(Saved data entries)
......

-- ===== src/Policy/Blocking.antt =====
-- What `Gates.block` reports.
use ephemerkey.Common.{◌≡◌, ◌≤◌, ◌↔◌, ℕ, Bool, true, false, none, some, Option, arith}
use ephemerkey.Policy.{Gates, Sensors, block, shut}

-- An optional gate lets codes through: it is not configured, or its question is answered with yes.
abbrev pub Passes : Option ℕ → (ℕ → Bool) → Type 0
Passes o is_open = (x : ℕ) → o ≡ some x → is_open x ≡ true

shut-Passes : (o : Option ℕ) (is_open : ℕ → Bool) → (shut o is_open ≡ false) ↔ Passes o is_open
shut-Passes none is_open = (λ _ x e. cc, λ _. refl')
  where
    refl' : shut none is_open ≡ false
    refl' = ground arith
shut-Passes (some x) is_open = (λ h y e. ground arith, λ p. ground (arith, p x))

-- No gate is reported exactly when all three let codes through: the fence question is answered
-- with yes where a fence is configured, the lock has been still for `stillness_s`, and the calendar
-- question is answered with yes where a window is configured.
pub block-none :
    (g : Gates) (env : Sensors)
    → (block g env ≡ none) ↔ (
        Passes g.own_fence env.inside_fence
        × (g.stillness_s ≤ env.still_for_s)
        × Passes g.calendar env.calendar_open)
unfolding block
block-none g env = (
  λ h. (
    (shut-Passes g.own_fence env.inside_fence).0 (ground arith),
    ground arith,
    (shut-Passes g.calendar env.calendar_open).0 (ground arith),
  ),
  λ (f, s, c). ground (
    arith,
    (shut-Passes g.own_fence env.inside_fence).1 f,
    (shut-Passes g.calendar env.calendar_open).1 c,
  ),
)
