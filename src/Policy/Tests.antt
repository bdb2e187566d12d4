-- ===== src/Policy/Tests.antt =====
-- The gates of a slot at concrete readings.
use ephemerkey.Common.{◌≡◌, refl, true, none, some, ◌==◌}
use ephemerkey.Policy.{Gates, GateBlock, Sensors, block}

abbrev gated : Gates
gated = record { own_fence = some 2; stillness_s = 60; calendar = none }

abbrev shaken : Sensors
shaken = record { inside_fence = λ f. f == 2; still_for_s = 59; calendar_open = λ _. true }

needs_stillness : block gated shaken ≡ some GateBlock.stillness
unfolding block
needs_stillness = refl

......

▸ **Problem to work on**
Print the records above in full, exactly.

▸ **Answer to the problem**
-- ===== src/Policy/Blocking.antt =====
-- What `Gates.block` reports.
use ephemerkey.Common.{◌≡◌, ◌≤◌, ◌↔◌, ℕ, Bool, true, false, none, some, Option, arith}
use ephemerkey.Policy.{Gates, Sensors, block, shut}

-- An optional gate lets codes through: it is not configured, or its question is answered with yes.
abbrev pub Passes : Option ℕ → (ℕ → Bool) → Type 0
Passes o is_open = (x : ℕ) → o ≡ some x → is_open x ≡ true

shut-Passes : (o : Option ℕ) (is_open : ℕ → Bool) → (shut o is_open ≡ false) ↔ Passes o is_open
shut-Passes none is_open = (λ _ x e. cc, λ _. refl')
  where
    refl' : shut none is_open ≡ false
    refl' = ground arith
shut-Passes (some x) is_open = (λ h y e. ground arith, λ p. ground (arith, p x))

-- No gate is reported exactly when all three let codes through: the fence question is answered
-- with yes where a fence is configured, the lock has been still for `stillness_s`, and the calendar
-- question is answered with yes where a window is configured.
pub block-none :
    (g : Gates) (env : Sensors)
    → (block g env ≡ none) ↔ (
        Passes g.own_fence env.inside_fence
        × (g.stillness_s ≤ env.still_for_s)
        × Passes g.calendar env.calendar_open)
unfolding block
block-none g env = (
  λ h. (
    (shut-Passes g.own_fence env.inside_fence).0 (ground arith),
    ground arith,
    (shut-Passes g.calendar env.calendar_open).0 (ground arith),
  ),
  λ (f, s, c). ground (
    arith,
    (shut-Passes g.own_fence env.inside_fence).1 f,
    (shut-Passes g.calendar env.calendar_open).1 c,
  ),
)
filename src/Policy/Tests.antt
repository bdb2e187566d12d4
-- ===== src/Policy/Tests.antt =====
-- The gates of a slot at concrete readings.
use ephemerkey.Common.{◌≡◌, refl, true, none, some, ◌==◌}
use ephemerkey.Policy.{Gates, GateBlock, Sensors, block}

abbrev gated : Gates
gated = record { own_fence = some 2; stillness_s = 60; calendar = none }

abbrev shaken : Sensors
shaken = record { inside_fence = λ f. f == 2; still_for_s = 59; calendar_open = λ _. true }

needs_stillness : block gated shaken ≡ some GateBlock.stillness
unfolding block
needs_stillness = refl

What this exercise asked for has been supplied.